Putting It Together: Chi-Square Tests

 

Let’s Summarize

In this module, Chi-Square Tests, we discussed three different hypothesis tests using the chi-square test statistic:

  • Goodness-of-fit for a one-way table
  • Test of independence for a two-way table
  • Test of homogeneity for a two-way table

Goodness-of-Fit test for a One-Way Table

  • In a goodness-of-fit test, we consider one population and one categorical variable.
  • The goodness-of-fit test expands the z-test for a population proportion that we learned in Inference for One Proportion by looking at the distribution of proportions for all categories defined by the categorical variable.
  • The goodness-of-fit test determines whether a set of categorical data comes from a claimed distribution. The null hypothesis is that the proportion in each category in the population has a specific distribution. The alternative hypothesis says that the proportions in the population are not distributed as stated in the null hypothesis.
  • To test our hypotheses, we select a random sample from the population and gather data for one categorical variable.

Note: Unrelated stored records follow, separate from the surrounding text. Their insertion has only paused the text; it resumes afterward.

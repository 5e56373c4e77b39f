-- ===== src/Tests/OutboxExamples.antt =====
-- The theorems on the event outbox at the event of an input.
use yatagarasu.Prelude.{
  true, false, some, [], ◌∷◌, ◌++◌, find, any, update, ◌≡◌, ◌≢◌, refl, List, ◌⊎◌, string_eq, nat_eq,
}
use native.Mathlib.Decide.{ℕ_discrete}
use yatagarasu.Prelude.Int.{pos, lt_int, int_eq}
use yatagarasu.Cmux.Calls.{returned, raised, outbox_error, sqlite_integrity_error}
use yatagarasu.Cmux.Outbox.{
  Outbox, DerivedEvent, EventCursor, cursor, cursor_of, inserted, duplicate, commit_event,
  validate_event, commit_body, commit_new, check_cursor, insert_event, upsert_cursor,
}
use yatagarasu.Cmux.Outbox.Commits.{Inserted, Known, commit_event-cases, commit_event-raised}
use yatagarasu.Cmux.Outbox.Repeats.{commit_event-commit_event}
use yatagarasu.Cmux.Outbox.Steps.{committing, History, start, next, History-appends}
use yatagarasu.Cmux.Outbox.Keys.{IsConsistent, History-IsConsistent}
use yatagarasu.Cmux.Outbox.Forward.{Step-forward}
use yatagarasu.Tests.Wiring.{wire, input_event, prompt_event}

abbrev empty_outbox : Outbox
empty_outbox = record { cursors = []; events = []; audits = []; baselines = [] }

abbrev one_event : Outbox
one_event = record {
  cursors = cursor_of input_event ∷ [];
  events = input_event ∷ [];
  audits = [];
  baselines = [];
}

abbrev contradicting : DerivedEvent
contradicting = record input_event { event_name = "agent.hook.Stop" }

committed : commit_event wire input_event false empty_outbox ≡ (returned inserted, one_event)
unfolding commit_event validate_event commit_body commit_new check_cursor insert_event upsert_cursor
    cursor any find update string_eq nat_eq ℕ_discrete int_eq
committed = refl

contradicted :
    commit_event wire contradicting false one_event
    ≡ (raised (outbox_error "cursor triple already names different evidence"), one_event)
unfolding commit_event validate_event commit_body commit_new check_cursor insert_event upsert_cursor
    cursor any find update string_eq nat_eq ℕ_discrete int_eq
contradicted = refl

commit_event-cases_example :
    (validate_event wire input_event ≡ returned tt)
    × (((inserted ≡ inserted) × Inserted input_event false empty_outbox one_event)
        ⊎ ((inserted ≡ duplicate) × Known input_event empty_outbox one_event))
commit_event-cases_example = commit_event-cases wire input_event false empty_outbox committed

commit_event-raised_example :
    (one_event ≡ one_event)
    × (outbox_error "cursor triple already names different evidence" ≢ sqlite_integrity_error)
commit_event-raised_example = commit_event-raised wire contradicting false one_event contradicted

commit_event-commit_event_example :
    commit_event wire input_event true one_event ≡ (returned duplicate, one_event)
commit_event-commit_event_example =
    commit_event-commit_event wire input_event false true empty_outbox committed

abbrev after_two : Outbox
after_two = (commit_event wire prompt_event false one_event).1

history : History wire one_event after_two
history = next start (committing prompt_event false)

History-appends_example :
    (extra : List DerivedEvent) × (after_two.events ≡ one_event.events ++ extra)
History-appends_example = History-appends history

one_event-IsConsistent : IsConsistent one_event
unfolding any
one_event-IsConsistent = record {
  triples = (refl, tt);
  ids = (refl, tt);
  sources = (refl, tt);
  not_negative = (refl, tt);
  cursors_not_negative = (refl, tt);
  checked = record { audits = tt; baselines = tt; methods = tt };
}

History-IsConsistent_example : IsConsistent after_two
History-IsConsistent_example = History-IsConsistent history one_event-IsConsistent

one_event-cursor : cursor "cmux-1" one_event ≡ some (cursor_of input_event)
unfolding cursor find string_eq
one_event-cursor = refl

Step-forward_example :
    (c' : EventCursor) × (cursor "cmux-1" after_two ≡ some c')
    × (c'.boot_id ≡ "boot-1" → lt_int c'.seq (pos 1) ≡ false)
Step-forward_example =
    Step-forward "cmux-1" one_event (cursor_of input_event) one_event-cursor {wire = wire}
      (committing prompt_event false)
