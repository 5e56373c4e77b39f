-- ===== src/Tests/ProducerExamples.antt =====
-- The theorems on the receipt producer at the four events of a turn.
use yatagarasu.Prelude.{
  true, false, none, some, List, [], ◌∷◌, any, All, string_eq, ◌≡◌, refl, option_eq,
}
use yatagarasu.Prelude.Int.{pos}
use yatagarasu.Types.{SourceEventRef}
use yatagarasu.Cmux.Producer.{WorkspaceChain, accept_in, fresh_chain}
use yatagarasu.Cmux.Producer.Chains.{
  Call, observing, recovering, calls, new_producer, calls-IsHonest, accept_in-accept_in,
}
use yatagarasu.Cmux.Emitter.Honesty.{IsHonest}
use yatagarasu.Tests.Wiring.{digest_text, given, input_event, prompt_event, hook_event, stop_event}

abbrev turn : List Call
turn =
    observing input_event
    ∷ observing prompt_event
    ∷ observing hook_event
    ∷ observing stop_event
    ∷ recovering (input_event ∷ prompt_event ∷ [])
    ∷ []

calls-IsHonest_example :
    All
      (IsHonest given (calls given turn new_producer).emitter.sent)
      (calls given turn new_producer).emitter.sent
calls-IsHonest_example = calls-IsHonest given turn

abbrev prompt : SourceEventRef
prompt = record {
  source_instance_id = "cmux-1";
  boot_id = "boot-1";
  seq = pos 2;
  source_event_id = "prompt";
  event_name = "workspace.prompt.submitted";
  session_id = none;
  binding_id = some "binding-1";
  marker_signature = some digest_text;
}

abbrev prompted_chain : WorkspaceChain
prompted_chain = record {
  workspace = "main";
  marker_signature = some digest_text;
  accepted = record { name = "workspace.prompt.submitted"; signature = some digest_text } ∷ [];
}

goes_on : accept_in prompt (fresh_chain "main") ≡ (true, prompted_chain)
unfolding accept_in any string_eq
goes_on = refl

accept_in-accept_in_example : accept_in prompt prompted_chain ≡ (false, prompted_chain)
unfolding string_eq
accept_in-accept_in_example =
    accept_in-accept_in prompt (fresh_chain "main") prompted_chain refl goes_on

Test of Independence for a Two-Way Table

  • In the test of independence, we consider one population and two categorical variables.
  • In Probability and Probability Distribution, we learned that two events are independent if P(A|B) = P(A), but we did not pay attention to variability in the sample. With the chi-square test of independence, we have a method for deciding whether our observed P(A|B) is “too far” from our observed P(A) to infer independence in the population.
  • The null hypothesis says the two variables are independent (or not associated). The alternative hypothesis says the two variables are dependent (or associated).
  • To test our hypotheses, we select a single random sample and gather data for two different categorical variables.

Test of Homogeneity for a Two-Way Table

  • In the test of homogeneity we consider two or more populations (or two or more subgroups of a population) and a single categorical variable.
  • The test of homogeneity expands on the test for a difference in two population proportions that we learned in Inference for Two Proportions by comparing the distribution of the categorical variable across multiple groups or populations.
  • The null hypothesis says that the distribution of proportions for all categories is the same in each group or population. The alternative hypothesis says that the distributions differ.
  • To test our hypotheses, we select a random sample from each population or subgroup independently. We gather data for one categorical variable.

The Chi-Square Test Statistic and Distribution

For all chi-square tests, the chi-square test statistic χ2 is the same. It measures how far the observed data are from the null hypothesis by comparing observed counts and expected counts. Expected counts are the counts we expect to see if the null hypothesis is true.

[latex]{\chi }^{2}\text{}=\text{}∑\frac{{(\mathrm{observed}-\mathrm{expected})}^{2}}{\mathrm{expected}}[/latex]

The chi-square model is a family of curves that depend on degrees of freedom. For a one-way table the degrees of freedom equals (r – 1). For a two-way table, the degrees of freedom equals (r – 1)(c – 1). All chi-square curves are skewed to the right with a mean equal to the degrees of freedom.

A chi-square model is a good fit for the distribution of the chi-square test statistic only if the following conditions are met:

  • The sample is randomly selected.
  • All expected counts are 5 or greater.

If these conditions are met, we use the chi-square distribution to find the P-value. We use the same logic that we have used in all hypothesis tests to draw a conclusion based on the P-value. If the P-value is at least as small as the significance level, we reject the null hypothesis and accept the alternative hypothesis. The P-value is the likelihood that results from random samples have a χ2 value equal to or greater than that calculated from the data if the null hypothesis is true.